• **WHAT YOU ARE ASKED TO DO**
Using the entries that follow, collect the lines where the word "then" appears.

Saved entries
-- ===== src/Platform/Billing/Invoiced.antt =====
-- What a subscription has been billed for, after its own invoice and after another one's.
use eminidatabase.Base.{
  ℕ, suc, ◌+◌, ◌≤◌, ◌≡◌, ◌≢◌, refl, ap, ◌∙◌, Option, none, some, List, [], ◌∷◌, ◌++◌, ◌==◌,
  if◌then◌else◌, arith, Bool-cases, inl, inr, ==_self, ==_ne,
}
use eminidatabase.Base.Table.{Table, lookup, modify, IsKeyed, lookup-modify, lookup-modify_ne}
use eminidatabase.Base.Keys.{KeysBelow, KeysBelow-add, lookup-modify_lem, IsKeyed-modify}
use eminidatabase.Base.Action.{WhenReturned, found, ◌>>=◌, reads, writes}
use eminidatabase.Platform.Payments.{SubscriptionStatus}
use eminidatabase.Platform.Billing.{
  UsageMetric, Pricing, Subscription, InvoiceLineItem, Draft, Store, missing_plan, database_ids,
  usage_between, drafted, next_period, items_of, invoiced, compute_invoice_for_subscription,
}
use eminidatabase.Platform.Billing.Usage.{usage_between-join}
use eminidatabase.Platform.Billing.Quantities.{
  quantities, drafted-quantities, billed_quantity, billed_quantity-invoiced,
}

-- No key of a row stands twice, and the invoices' keys lie below the next one.
pub record IsSound (s : Store) : Type 0 where
  pub subscriptions_keyed : IsKeyed s.subscriptions
  pub invoices_below : KeysBelow s.next_id s.invoices
  pub items_below : KeysBelow s.next_id s.line_items

-- The plan of the subscription has a rate for the metric.
pub record HasRate (m : UsageMetric) (x : Subscription) (s : Store) : Type 0 where
  pub pricing : Pricing
  pub rate : ℕ
  pub its_plan : lookup x.plan_id s.plans ≡ some pricing
  pub its_rate : pricing.rates m ≡ some rate

-- The subscription has been billed, above what it was before, for the usage from `since` on to the
-- start of its period.
pub record IsBilled (k : ℕ) (m : UsageMetric) (ids : List ℕ) (since before : ℕ) (s : Store)
    : Type 0 where
  pub sound : IsSound s
  pub current : Subscription
  pub its_row : lookup k s.subscriptions ≡ some current
  pub has_rate : HasRate m current s
  pub its_databases : database_ids current.organization_id s.databases ≡ ids
  pub starts_later : since ≤ current.current_period_start
  pub in_order : current.current_period_start ≤ current.current_period_end
  pub quantity :
      billed_quantity k m s.invoices s.line_items
      ≡ before + usage_between ids m since current.current_period_start s.usage_records

KeysBelow-items_of :
    (n : ℕ) (items : Table InvoiceLineItem) (new : List InvoiceLineItem)
    → KeysBelow n items
    → KeysBelow (suc n) (items ++ items_of n new)
KeysBelow-items_of n [] [] b = tt
KeysBelow-items_of n [] (x ∷ new) b = (omega arith, KeysBelow-items_of n [] new tt)
KeysBelow-items_of n ((i, item) ∷ items) new (lt, b) =
    (omega arith, KeysBelow-items_of n items new b)

module _ (k : ℕ) (m : UsageMetric) (ids : List ℕ) (since before : ℕ) where
  abbrev pub Billed : Store → Type 0
  Billed = IsBilled k m ids since before

  pub subscription_status-IsBilled :
      (j : ℕ) (status : SubscriptionStatus) (s : Store)
      → Billed s
      → Billed (record s {
        subscriptions = modify j (λ y. record y { status = status }) s.subscriptions;
      })
  subscription_status-IsBilled j status s h = record {
    sound = record {
      subscriptions_keyed = IsKeyed-modify j _ s.subscriptions h.sound.subscriptions_keyed;
      invoices_below = h.sound.invoices_below;
      items_below = h.sound.items_below;
    };
    current = record (h.current) { status = if j == k then status else h.current.status };
    its_row = elim (Bool-cases (j == k)) [
      | inr other ↦ rw (lookup-modify_lem j k _ s.subscriptions, h.its_row, other) refl
      | inl same ↦ rw (lookup-modify_lem j k _ s.subscriptions, h.its_row, same) refl
    ];
    has_rate = record {
      pricing = h.has_rate.pricing;
      rate = h.has_rate.rate;
      its_plan = h.has_rate.its_plan;
      its_rate = h.has_rate.its_rate;
    };
    its_databases = h.its_databases;
    starts_later = h.starts_later;
    in_order = h.in_order;
    quantity = h.quantity;
  }

  module _ (j : ℕ) (x : Subscription) (d : Draft) (now : ℕ) (s : Store) where
    invoiced-IsSound : IsSound s → IsSound (invoiced j x d now s)
    invoiced-IsSound h = record {
      subscriptions_keyed = IsKeyed-modify j next_period s.subscriptions h.subscriptions_keyed;
      invoices_below = KeysBelow-add s.next_id _ s.invoices h.invoices_below;
      items_below = KeysBelow-items_of s.next_id s.line_items d.line_items h.items_below;
    }

    invoiced-quantity :
        IsSound s
        → let t = invoiced j x d now s in
          billed_quantity k m t.invoices t.line_items
          ≡ billed_quantity k m s.invoices s.line_items
            + (if j == k then quantities m d.line_items else 0)
    invoiced-quantity h =
        billed_quantity-invoiced k s.next_id m _ s.invoices s.line_items d.line_items
          h.invoices_below h.items_below

    -- The invoice of another subscription.
    invoiced-IsBilled_other : j ≢ k → Billed s → Billed (invoiced j x d now s)
    invoiced-IsBilled_other differs h = record {
      sound = invoiced-IsSound h.sound;
      current = h.current;
      its_row = lookup-modify_ne j k next_period s.subscriptions differs ∙ h.its_row;
      has_rate = record {
        pricing = h.has_rate.pricing;
        rate = h.has_rate.rate;
        its_plan = h.has_rate.its_plan;
        its_rate = h.has_rate.its_rate;
      };
      its_databases = h.its_databases;
      starts_later = h.starts_later;
      in_order = h.in_order;
      quantity = invoiced-quantity h.sound ∙ rw (==_ne j k differs) (omega (arith, h.quantity));
    }

  -- Its own invoice.
  invoiced-IsBilled_own :
      (now : ℕ) (s : Store) (h : Billed s)
      → let ids = database_ids h.current.organization_id s.databases in
        Billed
          (invoiced k h.current (drafted h.has_rate.pricing ids h.current s.usage_records) now s)
  invoiced-IsBilled_own now s h = record {
    sound = invoiced-IsSound k h.current d now s h.sound;
    current = next_period h.current;
    its_row =
        lookup-modify k k next_period h.current s.subscriptions h.its_row ∙ rw (==_self k) refl;
    has_rate = record {
      pricing = h.has_rate.pricing;
      rate = h.has_rate.rate;
      its_plan = h.has_rate.its_plan;
      its_rate = h.has_rate.its_rate;
    };
    its_databases = h.its_databases;
    starts_later = omega (arith, h.starts_later, h.in_order);
    in_order = omega arith;
    quantity =
        invoiced-quantity k h.current d now s h.sound
        ∙ rw (==_self k) (omega (arith, h.quantity, on_invoice, joined));
  }
    where
      d : Draft
      d =
          drafted h.has_rate.pricing (database_ids h.current.organization_id s.databases) h.current
            s.usage_records

      on_invoice :
          quantities m d.line_items
          ≡ usage_between ids m h.current.current_period_start h.current.current_period_end
              s.usage_records
      on_invoice =
          drafted-quantities h.has_rate.pricing (database_ids h.current.organization_id s.databases)
            h.current s.usage_records m h.has_rate.rate h.has_rate.its_rate
          ∙ ap
              (λ l.
                usage_between l m h.current.current_period_start h.current.current_period_end
                  s.usage_records)
              h.its_databases

      joined :
          usage_between ids m since h.current.current_period_start s.usage_records
            + usage_between ids m h.current.current_period_start h.current.current_period_end
                s.usage_records
          ≡ usage_between ids m since h.current.current_period_end s.usage_records
      joined =
          usage_between-join ids m since h.current.current_period_start h.current.current_period_end
            s.usage_records h.starts_later h.in_order

  -- The turn of one subscription.
  abbrev pub AfterTurn : ℕ → Store → Store → Type 0
  AfterTurn j s t = Billed t × (j ≢ k → lookup k t.subscriptions ≡ lookup k s.subscriptions)

  pub compute_invoice-other :
      (j : ℕ) (x : Subscription) (now : ℕ) (s : Store)
      → j ≢ k
      → Billed s
      → WhenReturned (λ _. AfterTurn j s) (compute_invoice_for_subscription j x now s)
  unfolding compute_invoice_for_subscription
  compute_invoice-other j x now s differs h = on_plan (lookup x.plan_id s.plans)
    where
      on_plan :
          (o : Option Pricing)
          → WhenReturned
              (λ _. AfterTurn j s)
              ((found missing_plan o >>= λ (pricing : Pricing).
                  reads (λ (s : Store). database_ids x.organization_id s.databases)
                  >>= λ (ids : List ℕ).
                      reads (λ (s : Store). drafted pricing ids x s.usage_records)
                      >>= λ (d : Draft). writes (invoiced j x d now))
                s)
      on_plan none = tt
      on_plan (some pricing) = (
        invoiced-IsBilled_other j x _ now s differs h,
        λ _. lookup-modify_ne j k next_period s.subscriptions differs,
      )

  pub compute_invoice-own :
      (now : ℕ) (s : Store) (h : Billed s)
      → WhenReturned (λ _. AfterTurn k s) (compute_invoice_for_subscription k h.current now s)
  unfolding compute_invoice_for_subscription
  compute_invoice-own now s h =
      rw h.has_rate.its_plan (invoiced-IsBilled_own now s h, λ never. absurd (never refl))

• **WRITTEN REPLY**
  if◌then◌else◌, arith, Bool-cases, inl, inr, ==_self, ==_ne,
    current = record (h.current) { status = if j == k then status else h.current.status };
            + (if j == k then quantities m d.line_items else 0)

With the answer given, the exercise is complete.